Exercise prompt
Lines to return, exactly: from the line with "req ≡ some (v, result)" to the line with "(q, buffered) ↦" in the entries below, both included.

___ Provided information ___

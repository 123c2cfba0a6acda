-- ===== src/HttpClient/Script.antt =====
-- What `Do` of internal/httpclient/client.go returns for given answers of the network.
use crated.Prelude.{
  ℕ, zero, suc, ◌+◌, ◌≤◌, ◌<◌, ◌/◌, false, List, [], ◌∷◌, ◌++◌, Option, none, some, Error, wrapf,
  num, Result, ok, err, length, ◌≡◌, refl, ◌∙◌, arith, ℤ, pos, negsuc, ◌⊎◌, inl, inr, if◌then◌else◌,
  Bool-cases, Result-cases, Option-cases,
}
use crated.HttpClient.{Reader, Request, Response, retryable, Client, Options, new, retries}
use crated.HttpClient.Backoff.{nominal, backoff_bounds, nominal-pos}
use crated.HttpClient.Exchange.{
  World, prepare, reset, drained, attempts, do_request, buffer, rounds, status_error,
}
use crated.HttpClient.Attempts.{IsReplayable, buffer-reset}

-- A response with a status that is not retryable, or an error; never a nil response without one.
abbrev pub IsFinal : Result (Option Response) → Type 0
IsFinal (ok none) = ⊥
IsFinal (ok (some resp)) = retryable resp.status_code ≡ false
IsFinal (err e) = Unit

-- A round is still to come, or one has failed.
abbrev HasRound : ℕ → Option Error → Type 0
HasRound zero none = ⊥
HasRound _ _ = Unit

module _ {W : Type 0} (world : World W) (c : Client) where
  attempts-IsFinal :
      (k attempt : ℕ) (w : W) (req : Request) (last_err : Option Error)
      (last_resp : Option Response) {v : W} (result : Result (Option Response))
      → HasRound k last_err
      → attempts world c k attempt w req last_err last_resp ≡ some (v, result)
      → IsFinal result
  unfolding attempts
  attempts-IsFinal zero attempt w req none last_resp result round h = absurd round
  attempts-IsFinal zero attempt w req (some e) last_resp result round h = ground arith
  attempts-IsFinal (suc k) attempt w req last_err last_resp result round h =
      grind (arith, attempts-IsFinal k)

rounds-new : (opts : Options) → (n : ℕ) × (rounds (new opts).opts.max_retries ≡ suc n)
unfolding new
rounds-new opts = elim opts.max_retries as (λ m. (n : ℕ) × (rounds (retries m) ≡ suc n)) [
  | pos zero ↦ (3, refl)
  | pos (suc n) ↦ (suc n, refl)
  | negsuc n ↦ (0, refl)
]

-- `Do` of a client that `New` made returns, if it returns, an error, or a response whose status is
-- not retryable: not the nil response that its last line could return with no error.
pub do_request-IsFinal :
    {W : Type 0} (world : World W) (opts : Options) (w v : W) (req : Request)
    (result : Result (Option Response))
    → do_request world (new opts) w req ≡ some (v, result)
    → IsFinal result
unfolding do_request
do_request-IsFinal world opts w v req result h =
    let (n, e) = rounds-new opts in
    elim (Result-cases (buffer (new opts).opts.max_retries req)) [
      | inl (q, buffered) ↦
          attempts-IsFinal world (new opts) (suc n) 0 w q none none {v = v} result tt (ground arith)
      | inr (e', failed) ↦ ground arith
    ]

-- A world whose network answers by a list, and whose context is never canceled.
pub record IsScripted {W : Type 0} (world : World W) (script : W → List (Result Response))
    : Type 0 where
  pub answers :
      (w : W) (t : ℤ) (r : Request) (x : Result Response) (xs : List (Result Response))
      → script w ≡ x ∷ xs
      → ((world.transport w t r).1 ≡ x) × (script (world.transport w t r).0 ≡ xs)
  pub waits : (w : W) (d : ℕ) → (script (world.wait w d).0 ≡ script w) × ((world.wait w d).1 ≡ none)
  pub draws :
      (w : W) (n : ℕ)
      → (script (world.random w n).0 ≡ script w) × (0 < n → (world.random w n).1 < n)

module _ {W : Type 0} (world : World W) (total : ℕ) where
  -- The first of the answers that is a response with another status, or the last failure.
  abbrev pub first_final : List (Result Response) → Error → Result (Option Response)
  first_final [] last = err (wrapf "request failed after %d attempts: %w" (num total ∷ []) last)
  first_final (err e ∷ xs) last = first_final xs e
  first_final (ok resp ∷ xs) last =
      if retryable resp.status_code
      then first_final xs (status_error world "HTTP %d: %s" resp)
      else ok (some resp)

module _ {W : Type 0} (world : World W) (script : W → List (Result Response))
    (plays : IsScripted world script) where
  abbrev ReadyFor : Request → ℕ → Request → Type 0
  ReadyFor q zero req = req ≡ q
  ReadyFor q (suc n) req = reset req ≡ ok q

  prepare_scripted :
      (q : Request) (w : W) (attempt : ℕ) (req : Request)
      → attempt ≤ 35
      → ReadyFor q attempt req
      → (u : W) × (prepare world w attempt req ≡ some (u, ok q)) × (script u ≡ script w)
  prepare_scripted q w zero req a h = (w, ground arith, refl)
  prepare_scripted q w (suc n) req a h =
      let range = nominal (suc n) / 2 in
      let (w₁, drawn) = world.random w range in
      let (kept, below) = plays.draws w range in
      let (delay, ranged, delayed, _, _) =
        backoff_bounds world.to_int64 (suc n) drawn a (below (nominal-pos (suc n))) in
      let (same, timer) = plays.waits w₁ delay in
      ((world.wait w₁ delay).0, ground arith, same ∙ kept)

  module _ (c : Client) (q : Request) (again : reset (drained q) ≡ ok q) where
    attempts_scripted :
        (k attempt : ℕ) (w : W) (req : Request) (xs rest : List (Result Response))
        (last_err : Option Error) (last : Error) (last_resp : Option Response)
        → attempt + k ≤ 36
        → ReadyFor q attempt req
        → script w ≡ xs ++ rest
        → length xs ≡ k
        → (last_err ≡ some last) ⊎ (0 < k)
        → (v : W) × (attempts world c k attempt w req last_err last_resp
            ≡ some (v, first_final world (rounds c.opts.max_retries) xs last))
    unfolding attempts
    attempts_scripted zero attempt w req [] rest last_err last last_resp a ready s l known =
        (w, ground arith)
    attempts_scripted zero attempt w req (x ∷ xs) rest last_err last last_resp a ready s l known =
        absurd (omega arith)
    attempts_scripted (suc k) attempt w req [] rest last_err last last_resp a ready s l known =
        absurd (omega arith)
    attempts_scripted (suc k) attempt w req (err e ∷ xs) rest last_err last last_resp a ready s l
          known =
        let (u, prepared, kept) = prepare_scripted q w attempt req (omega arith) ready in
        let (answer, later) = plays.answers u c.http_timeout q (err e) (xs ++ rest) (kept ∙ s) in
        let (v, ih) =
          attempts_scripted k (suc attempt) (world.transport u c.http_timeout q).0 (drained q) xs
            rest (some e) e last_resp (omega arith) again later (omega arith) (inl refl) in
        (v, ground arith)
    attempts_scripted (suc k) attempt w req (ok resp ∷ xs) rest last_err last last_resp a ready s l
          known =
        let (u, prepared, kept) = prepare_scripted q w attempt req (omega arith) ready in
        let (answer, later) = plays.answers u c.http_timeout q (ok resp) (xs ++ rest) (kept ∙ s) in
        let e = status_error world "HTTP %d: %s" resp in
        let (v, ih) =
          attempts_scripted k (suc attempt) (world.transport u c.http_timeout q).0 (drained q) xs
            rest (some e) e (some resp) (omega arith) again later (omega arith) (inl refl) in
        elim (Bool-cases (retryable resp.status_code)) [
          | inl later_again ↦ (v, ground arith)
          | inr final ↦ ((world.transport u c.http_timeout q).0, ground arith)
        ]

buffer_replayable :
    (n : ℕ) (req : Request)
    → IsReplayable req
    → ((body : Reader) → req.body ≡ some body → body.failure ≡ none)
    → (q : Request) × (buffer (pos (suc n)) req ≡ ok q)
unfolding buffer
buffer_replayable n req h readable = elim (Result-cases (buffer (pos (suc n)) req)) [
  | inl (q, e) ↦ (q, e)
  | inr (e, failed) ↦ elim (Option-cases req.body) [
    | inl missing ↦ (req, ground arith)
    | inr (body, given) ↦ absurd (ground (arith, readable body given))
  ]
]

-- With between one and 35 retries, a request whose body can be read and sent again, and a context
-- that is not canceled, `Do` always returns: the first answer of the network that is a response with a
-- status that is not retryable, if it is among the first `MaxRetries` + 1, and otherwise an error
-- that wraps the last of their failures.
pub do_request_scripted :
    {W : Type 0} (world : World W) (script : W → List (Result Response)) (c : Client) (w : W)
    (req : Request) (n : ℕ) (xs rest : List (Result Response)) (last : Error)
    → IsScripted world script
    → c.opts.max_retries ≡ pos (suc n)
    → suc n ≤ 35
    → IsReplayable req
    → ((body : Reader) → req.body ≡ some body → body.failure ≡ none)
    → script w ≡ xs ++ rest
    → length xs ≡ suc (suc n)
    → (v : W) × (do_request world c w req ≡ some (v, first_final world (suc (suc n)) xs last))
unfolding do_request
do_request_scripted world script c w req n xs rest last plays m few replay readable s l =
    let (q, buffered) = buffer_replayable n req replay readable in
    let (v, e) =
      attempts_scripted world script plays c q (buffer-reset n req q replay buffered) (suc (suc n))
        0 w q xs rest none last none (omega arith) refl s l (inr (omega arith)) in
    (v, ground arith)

___

Answer area
    → do_request world (new opts) w req ≡ some (v, result)
    → IsFinal result
unfolding do_request
do_request-IsFinal world opts w v req result h =
    let (n, e) = rounds-new opts in
    elim (Result-cases (buffer (new opts).opts.max_retries req)) [
      | inl (q, buffered) ↦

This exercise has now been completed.